Ghosh, a soft matter physicist, hopes to push his understanding of friction and contact to a pathbreaking point. His works involves understanding complicated but interesting phenomena of everyday materials such as peeling of paint, formation of cloud and mechanical response of a sand pile,. “Right now, we are trying to use friction and contacts between neighbouring objects and trying to understand how they can lead to organised structures. Driven and non-linear manybody systems such as earthquakes or animals in collective locomotive patterns are capable of self-organising.,” said Ghosh.

Raghavan Sunoj (45), IIT-Bombay

Raghavan Sunoj from IIT-Bombay’s department of chemistry was awarded the recognition in chemical sciences category for his work in use of computational chemistry and artificial intelligence to study catalytic reactions mainly of relevance in the formation of pharmaceutical drugs. “More than 50% of the drugs in the market are chiral (handedness) in nature. Such drugs may have side effects. They go through stringent regulatory checks to eliminate all the negative effects. However, these effects can be controlled at molecular level during formation, which is the prime focus of our research,” said Sunoj. He cited the famous case of birth defects caused due to the use of controversial chiral drug thalidomide in the US. The incident triggered the need to study the chirality of compounds in the pharmaceutical industry.

Explaining the concept of ‘handedness’, he said that drug molecules have two specific chiral properties (handedness) – most often only one is desired. Production of these drug compounds, where 50% of it is unusable, not only incurs a loss of 50% costs to the pharma industries, but also its disposal can lead to environmental hazard.

“We step in here. I use computational chemistry to understand what controls the formation of a given ‘handedness’. We study the factors governing the formation of the preferred compounds using computer models,” said Sunoj, who is originally from Thiruvanananthapuram in Kerala.

The team can design new and efficient catalysts that can control the speed of chemical reactions and its handedness. The work can have applications in petrochemical, oil and gas, natural gas industries as well.

Subimal Ghosh (40), IIT-Bombay

Professor Subimal Ghosh from IIT-Bombay’s department of civil engineering won the award in the earth, atmosphere, oceans and planetary sciences category for his work on regional modelling of Indian monsoon, climate change projections and atmospheric-land-surface interactions.

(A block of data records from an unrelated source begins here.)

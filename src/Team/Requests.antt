-- ===== src/Team/Requests.antt =====
-- The requests on a team as one data type, each served on its own, so that a theorem can speak of
-- every order in which they come.
pub mod Once
use teamem_server.Prelude.{
  ℕ, suc, ◌+◌, ◌≤◌, ◌≡◌, ◌≢◌, refl, sym, ap, subst, inl, inr, Bool, true, false, ◌&&◌, Option, none,
  some, String, List, [], ◌∷◌, Result, ok, err, Option-cases, Bool-cases, arith, tests, ltb, str_eq,
  str_eq_iff, length, first, any, All, if◌then◌else◌,
}
use teamem_server.Table.{filter, update_where}
use teamem_server.Team.Roles.{TeamRole, Membership, InviteRow, TeamStore, is_of, is_owner_in}
use teamem_server.Team.Members.{Session, owner_count, change_role, remove_member}
use teamem_server.Team.Members.Owners.{
  IsWellLed, alone, change_role-IsWellLed, remove_member-IsWellLed,
}
use teamem_server.Team.Invites.{
  has_token, create_invite, insert_membership, membership_of, mark_used, has_id, accept_valid,
  accept_row, accept_invite,
}

pub data Request : Type 0 where
  change : Session → String → Option TeamRole → Request
  remove : Session → String → Request
  invite : String → String → ℕ → String → TeamRole → String → ℕ → Request
  accept : ℕ → String → String → Request

none_of :
    (user team : String) (ms : List Membership)
    → any (is_of user team) ms ≡ false
    → length (filter (is_of user team) ms) ≤ 0
unfolding filter
none_of user team [] h = omega arith
none_of user team (m ∷ ms) h = ground (arith, none_of user team ms)

at_most_one :
    (new : Membership) (u t : String) (ms : List Membership)
    → any (is_of new.user_id new.team_id) ms ≡ false
    → length (filter (is_of u t) ms) ≤ 1
    → length (filter (is_of u t) (new ∷ ms)) ≤ 1
unfolding filter
at_most_one new u t ms fresh one = elim (Bool-cases (is_of u t new)) [
  | inr miss ↦ rw miss one
  | inl hit ↦
      let same_user : new.user_id ≡ u = grind (tests, hit) in
      let same_team : new.team_id ≡ t = grind (tests, hit) in
      let missing : any (is_of u t) ms ≡ false =
        subst (λ x. any (is_of x t) ms ≡ false) same_user
          (subst (λ x. any (is_of new.user_id x) ms ≡ false) same_team fresh) in
      let few : length (filter (is_of u t) ms) ≤ 0 = none_of u t ms missing in
      let more : suc (length (filter (is_of u t) ms)) ≤ 1 = omega (arith, few) in rw hit more
]

module _ (hash : String → String) where
  unfoldable pub serve : Request → TeamStore → TeamStore
  unfolding change_role remove_member create_invite accept_invite
  serve (change session user body) db = (change_role alone alone session user body db).0
  serve (remove session user) db = (remove_member alone alone session user db).0
  serve (invite id plaintext now team role by ttl_ms) db =
      (create_invite hash id plaintext now team role by ttl_ms db).0
  serve (accept now plaintext user) db = (accept_invite hash now plaintext user db).0

  unfoldable pub serve_all : List Request → TeamStore → TeamStore
  unfolding serve
  serve_all [] db = db
  serve_all (r ∷ rs) db = serve_all rs (serve r db)

  insert_membership-IsWellLed :
      (new : Membership) (t : String) (db after : TeamStore)
      → IsWellLed t db
      → after.memberships ≡ insert_membership hash new db.memberships
      → IsWellLed t after
  unfolding owner_count filter
  insert_membership-IsWellLed new t db after w same =
      elim (Bool-cases (any (is_of new.user_id new.team_id) db.memberships)) [
        | inl there ↦
            let kept : after.memberships ≡ db.memberships = rw same (rw there refl) in
            record { led = rw kept w.led; single = λ u. rw kept (w.single u) }
        | inr fresh ↦
            let grown : after.memberships ≡ new ∷ db.memberships = rw same (rw fresh refl) in
            record {
              led = rw grown (ground (arith, w.led));
              single = λ u. rw grown (at_most_one new u t db.memberships fresh (w.single u));
            }
      ]

  accept_invite-IsWellLed :
      (now : ℕ) (plaintext user t : String) (db : TeamStore)
      → IsWellLed t db
      → IsWellLed t (accept_invite hash now plaintext user db).0
  unfolding accept_invite
  accept_invite-IsWellLed now plaintext user t db w =
      elim (Option-cases (first (filter (has_token hash plaintext) db.invites))) [
        | inl unknown_token ↦ rw (unknown_token, accept_invite) w
        | inr (row, found) ↦ elim (Option-cases row.used_at) [
          | inr (at, taken) ↦ rw (found, accept_invite, taken) w
          | inl unused ↦ elim (Bool-cases (ltb row.expires_at now)) [
            | inl late ↦ rw (found, accept_invite, unused, late) w
            | inr on_time ↦
                rw (found, accept_invite, unused, on_time)
                  (insert_membership-IsWellLed (membership_of hash user row) t db
                    (accept_valid hash now user row db).0 w (unfold accept_valid in refl))
          ]
        ]
      ]

  -- Whatever requests are served, one after the other, to change roles, to remove members, to invite
  -- and to accept, with any sessions and arguments: a team that has an owner, and at most one
  -- membership for each user, has both afterwards.
  pub serve_all-IsWellLed :
      (rs : List Request) (t : String) (db : TeamStore)
      → IsWellLed t db
      → IsWellLed t (serve_all rs db)
  unfolding serve_all
  serve_all-IsWellLed [] t db w = w
  serve_all-IsWellLed (r ∷ rs) t db w = serve_all-IsWellLed rs t (serve r db) (served r)
    where
      served : (q : Request) → IsWellLed t (serve q db)
      served (change session user body) = change_role-IsWellLed session user t body db w
      served (remove session user) = remove_member-IsWellLed session user t db w
      served (invite id plaintext now team role by ttl_ms) =
          unfold owner_count in record { led = w.led; single = w.single }
      served (accept now plaintext user) = accept_invite-IsWellLed now plaintext user t db w
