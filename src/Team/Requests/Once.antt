-- ===== src/Team/Requests/Once.antt =====
-- About the use of an invitation among other requests.
use teamem_server.Prelude.{
  ℕ, suc, List-cases, ◌≤◌, ◌≡◌, ◌≢◌, refl, ap, inl, inr, leb, Bool, true, false, ◌&&◌, Option, none,
  some, String, List, [], ◌∷◌, Result-cases, ok, err, err-ne-ok, Option-cases, Bool-cases, arith,
  ltb, str_eq, str_eq_self, str_eq_iff, length, first, All,
}
use teamem_server.Table.{filter, update_where, filter-update_inside, All-update_where}
use teamem_server.Table.Unique.{filter_unique}
use teamem_server.Team.Roles.{TeamRole, owner, role_eq, InviteRow, TeamStore}
use teamem_server.Team.Members.{
  Session, route_scope, find_target, owner_count, apply_role, change_role, apply_removal,
  remove_member,
}
use teamem_server.Team.Members.Owners.{alone, undisturbed}
use teamem_server.Team.Invites.{
  invite_already_used, Accepted, has_token, has_id, mark_used, accept_valid, accept_invite,
  create_invite,
}
use teamem_server.Team.Requests.{Request, change, remove, invite, accept, serve, serve_all}

change_role-invites :
    (session : Session) (user : String) (body : Option TeamRole) (db : TeamStore)
    → (change_role alone alone session user body db).0.invites ≡ db.invites
unfolding change_role apply_role
change_role-invites session user body db = elim (Result-cases (route_scope session user)) [
  | inr (e, refused) ↦ rw (refused, change_role) refl
  | inl (team, scoped) ↦ elim (Option-cases body) [
    | inl invalid ↦ rw (scoped, change_role, invalid) refl
    | inr (role, parsed) ↦ elim (Option-cases (find_target user team db)) [
      | inl missing ↦ rw (scoped, change_role, parsed, missing) refl
      | inr (target, found) ↦ elim (Bool-cases (role_eq target.current_role role)) [
        | inl same ↦ rw (scoped, change_role, parsed, found, apply_role, same) refl
        | inr differs ↦
            elim (Bool-cases (role_eq target.current_role owner && leb (owner_count team db) 1)) [
              | inl last ↦ rw (scoped, change_role, parsed, found, apply_role, differs, last) refl
              | inr allowed ↦
                  rw (scoped, change_role, parsed, found, apply_role, differs, allowed)
                    (ap (λ (s : TeamStore). s.invites) (undisturbed target db))
            ]
      ]
    ]
  ]
]

remove_member-invites :
    (session : Session) (user : String) (db : TeamStore)
    → (remove_member alone alone session user db).0.invites ≡ db.invites
unfolding remove_member apply_removal
remove_member-invites session user db = elim (Result-cases (route_scope session user)) [
  | inr (e, refused) ↦ rw (refused, remove_member) refl
  | inl (team, scoped) ↦ elim (Option-cases (find_target user team db)) [
    | inl missing ↦ rw (scoped, remove_member, missing) refl
    | inr (target, found) ↦
        elim (Bool-cases (role_eq target.current_role owner && leb (owner_count team db) 1)) [
          | inl last ↦ rw (scoped, remove_member, found, apply_removal, last) refl
          | inr allowed ↦
              rw (scoped, remove_member, found, apply_removal, allowed)
                (ap (λ (s : TeamStore). s.invites) (undisturbed target db))
        ]
  ]
]

false-ne-true : false ≡ true → ⊥
false-ne-true h = cc

length-update_where {ℓ} :
    {A : Type ℓ} (p : A → Bool) (f : A → A) (rs : List A) → length (update_where p f rs) ≡ length rs
unfolding update_where
length-update_where p f [] = refl
length-update_where p f (r ∷ rs) = ap suc (length-update_where p f rs)

module _ (hash : String → String) (plaintext : String) where
  -- The request draws no token with the hash of this one.
  abbrev pub IsOtherToken : Request → Type 0
  IsOtherToken (invite id token now team role by ttl_ms) = hash token ≢ hash plaintext
  IsOtherToken _ = Unit

  abbrev is_used : InviteRow → Bool
  is_used i = elim i.used_at [ none ↦ false | some t ↦ true ]

  abbrev holds : List InviteRow → List InviteRow
  holds = filter (has_token hash plaintext)

  -- The rows of the token: there is one, and each is used.
  abbrev IsSpent : List InviteRow → Type 0
  IsSpent rows = (1 ≤ length (holds rows)) × All (λ i. is_used i ≡ true) (holds rows)

  mark-IsSpent :
      (id : String) (now : ℕ) (rows : List InviteRow)
      → IsSpent rows
      → IsSpent (update_where (has_id hash id) (mark_used hash now) rows)
  mark-IsSpent id now rows spent =
      let inside =
        filter-update_inside (has_id hash id) (mark_used hash now) (has_token hash plaintext)
          (λ i. refl) rows in
      rw inside (
        rw (length-update_where (has_id hash id) (mark_used hash now) (holds rows)) spent.0,
        All-update_where (has_id hash id) (mark_used hash now) (λ i. is_used i ≡ true)
            (λ i hit k. refl) (holds rows) spent.1,
      )

  -- An acceptance of any token by anyone, and a request of any other kind.
  accept-IsSpent :
      (now : ℕ) (token user : String) (db : TeamStore)
      → IsSpent db.invites
      → IsSpent (accept_invite hash now token user db).0.invites
  unfolding accept_invite accept_valid
  accept-IsSpent now token user db spent =
      elim (Option-cases (first (filter (has_token hash token) db.invites))) [
        | inl missing ↦ rw (missing, accept_invite) spent
        | inr (row, found) ↦ elim (Option-cases row.used_at) [
          | inr (at, taken) ↦ rw (found, accept_invite, taken) spent
          | inl unused ↦ elim (Bool-cases (ltb row.expires_at now)) [
            | inl late ↦ rw (found, accept_invite, unused, late) spent
            | inr on_time ↦
                rw (found, accept_invite, unused, on_time)
                  (mark-IsSpent row.id now db.invites spent)
          ]
        ]
      ]

  apart_token :
      (token : String) → hash token ≢ hash plaintext → str_eq (hash token) (hash plaintext) ≡ false
  apart_token token other = elim (Bool-cases (str_eq (hash token) (hash plaintext))) [
    | inl same ↦ absurd (other ((str_eq_iff (hash token) (hash plaintext)).0 same))
    | inr apart ↦ apart
  ]

  serve-IsSpent :
      (r : Request) (db : TeamStore)
      → IsOtherToken r
      → IsSpent db.invites
      → IsSpent (serve hash r db).invites
  unfolding serve create_invite
  serve-IsSpent (change session user body) db other spent =
      rw (change_role-invites session user body db) spent
  serve-IsSpent (remove session user) db other spent =
      rw (remove_member-invites session user db) spent
  serve-IsSpent (invite id token now team role by ttl_ms) db other spent =
      unfold filter in rw (apart_token token other) spent
  serve-IsSpent (accept now token user) db other spent = accept-IsSpent now token user db spent

  serve_all-IsSpent :
      (rs : List Request) (db : TeamStore)
      → All IsOtherToken rs
      → IsSpent db.invites
      → IsSpent (serve_all hash rs db).invites
  unfolding serve_all
  serve_all-IsSpent [] db other spent = spent
  serve_all-IsSpent (r ∷ rs) db other spent =
      serve_all-IsSpent rs (serve hash r db) other.1 (serve-IsSpent r db other.0 spent)

  accepted-IsSpent :
      (now : ℕ) (user : String) (db : TeamStore) (acc : Accepted)
      → length (holds db.invites) ≤ 1
      → (accept_invite hash now plaintext user db).1 ≡ ok acc
      → IsSpent (accept_invite hash now plaintext user db).0.invites
  unfolding accept_invite accept_valid update_where
  accepted-IsSpent now user db acc one h = elim (Option-cases (first (holds db.invites))) [
    | inl missing ↦ absurd (err-ne-ok (rw (missing, accept_invite) at h))
    | inr (row, found) ↦ elim (Option-cases row.used_at) [
      | inr (at, taken) ↦ absurd (err-ne-ok (rw (found, accept_invite, taken) at h))
      | inl unused ↦ elim (Bool-cases (ltb row.expires_at now)) [
        | inl late ↦ absurd (err-ne-ok (rw (found, accept_invite, unused, late) at h))
        | inr on_time ↦
            let only =
              filter_unique (has_token hash plaintext) (has_token hash plaintext) (λ i k. k)
                db.invites row one found in
            let inside =
              filter-update_inside (has_id hash row.id) (mark_used hash now)
                (has_token hash plaintext) (λ i. refl) db.invites in
            rw (found, accept_invite, unused, on_time)
              (rw inside (rw only (rw (str_eq_self row.id) (omega arith, (refl, tt)))))
      ]
    ]
  ]

  spent_refused :
      (now : ℕ) (user : String) (db : TeamStore)
      → IsSpent db.invites
      → accept_invite hash now plaintext user db ≡ (db, err invite_already_used)
  unfolding accept_invite
  spent_refused now user db spent = elim (List-cases (holds db.invites)) [
    | inl nothing ↦ absurd (omega (arith, rw nothing at (spent.0)))
    | inr (row, rest, some_row) ↦
        let taken : is_used row ≡ true = (rw some_row at (spent.1)).0 in
        elim (Option-cases row.used_at) [
          | inl unused ↦ absurd (false-ne-true (rw unused at taken))
          | inr (at, was_used) ↦ rw (some_row, accept_invite, was_used) refl
        ]
  ]

  -- Where at most one invitation has the token's hash: once it was accepted, every later acceptance
  -- of the token, by anyone and at any time, is refused as used and changes nothing, whatever other
  -- requests were served in between, as long as none of them draws a token with the same hash.
  pub accept_invite_once :
      (now later : ℕ) (user other_user : String) (rs : List Request) (db : TeamStore)
      (acc : Accepted)
      → length (filter (has_token hash plaintext) db.invites) ≤ 1
      → All IsOtherToken rs
      → (accept_invite hash now plaintext user db).1 ≡ ok acc
      → accept_invite hash later plaintext other_user
          (serve_all hash rs (accept_invite hash now plaintext user db).0)
        ≡ (serve_all hash rs (accept_invite hash now plaintext user db).0, err invite_already_used)
  accept_invite_once now later user other_user rs db acc one other h =
      spent_refused later other_user
        (serve_all hash rs (accept_invite hash now plaintext user db).0)
        (serve_all-IsSpent rs (accept_invite hash now plaintext user db).0 other
          (accepted-IsSpent now user db acc one h))
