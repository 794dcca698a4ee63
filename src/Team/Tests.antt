-- ===== src/Team/Tests.antt =====
-- Requests on a team of one owner and one member, and the theorems at them.
use teamem_server.Prelude.{
  ◌≡◌, ◌≢◌, refl, true, false, some, none, String, List, [], ◌∷◌, err, arith, length, str_eq_iff,
  ◌≤◌,
}
use teamem_server.Table.{filter, update_where}
use teamem_server.Team.Roles.{viewer, member, admin, owner, conflict, InviteRow, TeamStore, is_of}
use teamem_server.Team.Members.{Session, owner_count, change_role}
use teamem_server.Team.Members.Owners.{IsWellLed, alone}
use teamem_server.Team.Invites.{Accepted, invite_already_used, accept_invite}
use teamem_server.Team.Invites.Accept.{Stored, accept_invite-Stored}
use teamem_server.Team.Requests.{
  Request, change, remove, invite, accept, serve_all, serve_all-IsWellLed,
}
use teamem_server.Team.Requests.Once.{accept_invite_once}

abbrev same_text : String → String
same_text s = s

abbrev invitation : InviteRow
invitation = record {
  id = "inv_1";
  team_id = "t1";
  token_hash = "tok_1";
  target_role = admin;
  invited_by_user_id = "ann";
  expires_at = 100;
  used_at = none;
  created_at = 1;
}

abbrev team_store : TeamStore
team_store = record {
  users =
      record { id = "ann"; github_login = "ann-x" }
      ∷ record { id = "bob"; github_login = "bob-x" }
      ∷ [];
  memberships = record { user_id = "ann"; team_id = "t1"; role = owner } ∷ [];
  invites = invitation ∷ [];
}

abbrev as_ann : Session
as_ann = record { user_id = "ann"; team_id = some "t1"; role = owner }

abbrev busy : List Request
busy =
    accept 5 "tok_1" "bob"
    ∷ change as_ann "bob" (some owner)
    ∷ change as_ann "ann" (some member)
    ∷ invite "inv_2" "tok_2" 6 "t1" viewer "bob" 50
    ∷ remove as_ann "bob"
    ∷ []

last_owner_test :
    change_role alone alone as_ann "ann" (some member) team_store
    ≡ (team_store, err (conflict "Cannot change role of the last owner"))
unfolding change_role owner_count filter
last_owner_test = refl

-- Ann and Bob are owners, and each demotes the other at once: both counts see two owners.
abbrev two_owners : TeamStore
two_owners = record team_store {
  memberships =
      record { user_id = "ann"; team_id = "t1"; role = owner }
      ∷ record { user_id = "bob"; team_id = "t1"; role = owner }
      ∷ [];
}

abbrev bob_steps_down : TeamStore → TeamStore
bob_steps_down db = (change_role alone alone as_ann "bob" (some member) db).0

two_demotions_test :
    owner_count "t1" (change_role alone bob_steps_down as_ann "ann" (some member) two_owners).0 ≡ 0
unfolding change_role owner_count filter update_where
two_demotions_test = refl

single_ann : (user : String) → length (filter (is_of user "t1") team_store.memberships) ≤ 1
unfolding filter
single_ann user = ground arith

team_store-IsWellLed : IsWellLed "t1" team_store
unfolding owner_count filter
team_store-IsWellLed = record { led = omega arith; single = single_ann }

serve_all-IsWellLed_example : IsWellLed "t1" (serve_all same_text busy team_store)
serve_all-IsWellLed_example =
    serve_all-IsWellLed same_text busy "t1" team_store team_store-IsWellLed

abbrev bob_joins : Accepted
bob_joins = record {
  membership = record { user_id = "bob"; team_id = "t1"; role = admin };
  invite_id = "inv_1";
  target_role = admin;
  invited_by_user_id = "ann";
  used_at = 5;
}

single_bob : (team : String) → length (filter (is_of "bob" team) team_store.memberships) ≤ 1
unfolding filter
single_bob team = ground arith

accept_invite-Stored_example :
    Stored same_text "bob" team_store
      (accept_invite same_text 5 "tok_1" "bob" team_store).0
      bob_joins
unfolding accept_invite filter
accept_invite-Stored_example =
    accept_invite-Stored same_text 5 "tok_1" "bob" team_store bob_joins single_bob refl

other_token : ◌≢◌ {A = String} "tok_2" "tok_1"
other_token e = let h : false ≡ true = (str_eq_iff "tok_2" "tok_1").1 e in cc

accept_invite_once_example :
    accept_invite same_text 20 "tok_1" "cyd"
      (serve_all same_text busy (accept_invite same_text 5 "tok_1" "bob" team_store).0)
    ≡ (
      serve_all same_text busy (accept_invite same_text 5 "tok_1" "bob" team_store).0,
      err invite_already_used,
    )
unfolding accept_invite filter
accept_invite_once_example =
    accept_invite_once same_text "tok_1" 5 20 "bob" "cyd" busy team_store bob_joins (omega arith)
      (tt, (tt, (tt, (other_token, (tt, tt))))) refl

Ghosh recently led a team of 30 scientists from eight institutes across the country to develop an automated real-time flood forecasting expert system. Such a system, that took into consideration weather forecasting system, hydraulic system, regional monsoon pattern into account, never existed in the country. While the framework was developed for Chennai, the National Centre for Coastal Research in Chennai will soon replicate the model in cities like Mumbai. The model is working on ground, but they are not making it fully operational and the output is shared only with disaster mitigation organisations and civic bodies, said Ghosh.

His work on statistical regional climate modelling started when he was pursuing his PhD at the Indian Institute of Science, Bengaluru. “I realised that regional cell information is very important as climatic patterns are differing in every region due to the spatial heterogeneity. For this, we had to develop regional climate projection algorithm. One of them is currently in use,” said Ghosh. His team also worked on the impact of local processes such as water cycle and land use on monsoon. A paper studied the change in irrigation practice having a potential to affect rainfall.

Ghosh has over 100 journal publications. Most of his studies are published in leading journals like Nature Climate Change, Nature Communications, and Water Resources Research.